EXERCISE BRIEF:
As you look over the data below, please find each line where the word "back" appears, then copy it.

+++ RECORDS PROVIDED

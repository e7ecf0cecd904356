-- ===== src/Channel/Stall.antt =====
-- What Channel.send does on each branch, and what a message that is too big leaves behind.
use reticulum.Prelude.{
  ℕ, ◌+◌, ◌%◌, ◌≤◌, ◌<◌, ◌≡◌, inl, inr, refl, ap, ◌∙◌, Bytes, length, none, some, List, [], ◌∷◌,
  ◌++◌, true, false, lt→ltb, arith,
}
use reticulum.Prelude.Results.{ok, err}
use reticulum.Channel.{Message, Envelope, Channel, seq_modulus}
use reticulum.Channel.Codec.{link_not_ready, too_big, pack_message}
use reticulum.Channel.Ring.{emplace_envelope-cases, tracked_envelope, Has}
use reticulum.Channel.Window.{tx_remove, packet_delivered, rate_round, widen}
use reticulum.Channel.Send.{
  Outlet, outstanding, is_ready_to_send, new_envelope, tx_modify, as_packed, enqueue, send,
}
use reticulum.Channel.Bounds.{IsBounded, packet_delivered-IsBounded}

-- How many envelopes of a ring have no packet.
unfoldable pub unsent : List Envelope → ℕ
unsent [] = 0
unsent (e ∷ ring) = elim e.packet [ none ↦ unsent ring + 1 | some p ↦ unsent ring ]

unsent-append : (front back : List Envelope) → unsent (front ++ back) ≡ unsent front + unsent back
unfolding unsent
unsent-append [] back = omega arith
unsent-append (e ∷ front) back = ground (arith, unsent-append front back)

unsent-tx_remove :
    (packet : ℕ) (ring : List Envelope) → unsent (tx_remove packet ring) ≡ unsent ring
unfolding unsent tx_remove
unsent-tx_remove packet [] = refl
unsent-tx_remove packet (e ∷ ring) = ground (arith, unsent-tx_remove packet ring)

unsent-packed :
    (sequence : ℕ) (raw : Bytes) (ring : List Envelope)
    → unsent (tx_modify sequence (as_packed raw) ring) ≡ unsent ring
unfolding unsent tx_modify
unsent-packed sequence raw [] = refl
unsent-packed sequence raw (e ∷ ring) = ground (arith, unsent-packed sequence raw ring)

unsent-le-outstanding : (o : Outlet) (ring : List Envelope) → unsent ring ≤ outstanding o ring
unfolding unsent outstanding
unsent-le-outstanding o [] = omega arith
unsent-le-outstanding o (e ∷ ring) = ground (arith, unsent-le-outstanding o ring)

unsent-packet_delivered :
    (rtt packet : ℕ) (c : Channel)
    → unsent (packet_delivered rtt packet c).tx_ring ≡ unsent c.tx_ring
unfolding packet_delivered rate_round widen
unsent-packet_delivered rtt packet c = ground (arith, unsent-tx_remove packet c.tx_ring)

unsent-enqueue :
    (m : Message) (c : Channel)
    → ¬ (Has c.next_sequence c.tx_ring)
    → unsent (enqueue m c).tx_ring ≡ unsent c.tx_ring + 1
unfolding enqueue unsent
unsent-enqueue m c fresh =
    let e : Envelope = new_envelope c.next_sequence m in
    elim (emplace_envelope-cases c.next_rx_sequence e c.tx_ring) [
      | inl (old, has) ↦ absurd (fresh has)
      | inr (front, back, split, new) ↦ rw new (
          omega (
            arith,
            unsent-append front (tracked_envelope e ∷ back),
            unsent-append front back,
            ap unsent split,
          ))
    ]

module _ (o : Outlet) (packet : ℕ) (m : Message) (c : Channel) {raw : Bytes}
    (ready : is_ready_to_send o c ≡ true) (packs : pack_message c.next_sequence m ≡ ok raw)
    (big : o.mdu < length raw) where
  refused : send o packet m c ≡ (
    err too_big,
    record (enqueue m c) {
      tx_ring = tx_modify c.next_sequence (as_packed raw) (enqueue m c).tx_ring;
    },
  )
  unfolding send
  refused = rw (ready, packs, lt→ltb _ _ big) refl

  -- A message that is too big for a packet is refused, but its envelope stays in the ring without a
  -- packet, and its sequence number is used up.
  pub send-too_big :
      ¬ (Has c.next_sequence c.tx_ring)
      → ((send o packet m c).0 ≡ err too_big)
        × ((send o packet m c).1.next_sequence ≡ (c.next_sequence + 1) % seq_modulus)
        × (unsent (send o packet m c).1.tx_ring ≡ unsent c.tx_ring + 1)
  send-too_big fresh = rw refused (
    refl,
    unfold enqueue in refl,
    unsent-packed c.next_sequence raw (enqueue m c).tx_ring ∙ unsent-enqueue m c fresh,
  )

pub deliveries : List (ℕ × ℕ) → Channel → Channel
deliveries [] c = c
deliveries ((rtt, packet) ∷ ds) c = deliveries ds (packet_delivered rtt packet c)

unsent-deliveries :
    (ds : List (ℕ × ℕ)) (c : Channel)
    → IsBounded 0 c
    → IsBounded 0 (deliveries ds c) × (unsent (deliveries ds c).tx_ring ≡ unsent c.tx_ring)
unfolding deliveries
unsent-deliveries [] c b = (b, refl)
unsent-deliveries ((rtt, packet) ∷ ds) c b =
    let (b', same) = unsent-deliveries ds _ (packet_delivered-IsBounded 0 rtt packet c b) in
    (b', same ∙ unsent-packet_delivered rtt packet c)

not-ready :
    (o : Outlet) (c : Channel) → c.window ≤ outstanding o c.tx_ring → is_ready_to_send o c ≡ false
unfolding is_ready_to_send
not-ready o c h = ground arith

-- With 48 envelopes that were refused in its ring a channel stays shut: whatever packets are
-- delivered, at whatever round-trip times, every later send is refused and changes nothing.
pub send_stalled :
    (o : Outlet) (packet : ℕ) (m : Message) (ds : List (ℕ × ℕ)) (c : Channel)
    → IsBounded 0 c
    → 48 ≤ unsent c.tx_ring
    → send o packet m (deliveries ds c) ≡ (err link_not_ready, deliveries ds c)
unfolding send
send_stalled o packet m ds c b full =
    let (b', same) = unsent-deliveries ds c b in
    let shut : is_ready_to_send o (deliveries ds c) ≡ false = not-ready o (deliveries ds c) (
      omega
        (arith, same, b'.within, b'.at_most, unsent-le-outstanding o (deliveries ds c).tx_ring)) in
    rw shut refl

++++++

TASK OUTPUT:
unsent-append : (front back : List Envelope) → unsent (front ++ back) ≡ unsent front + unsent back
unsent-append [] back = omega arith
unsent-append (e ∷ front) back = ground (arith, unsent-append front back)
      | inr (front, back, split, new) ↦ rw new (
            unsent-append front (tracked_envelope e ∷ back),
            unsent-append front back,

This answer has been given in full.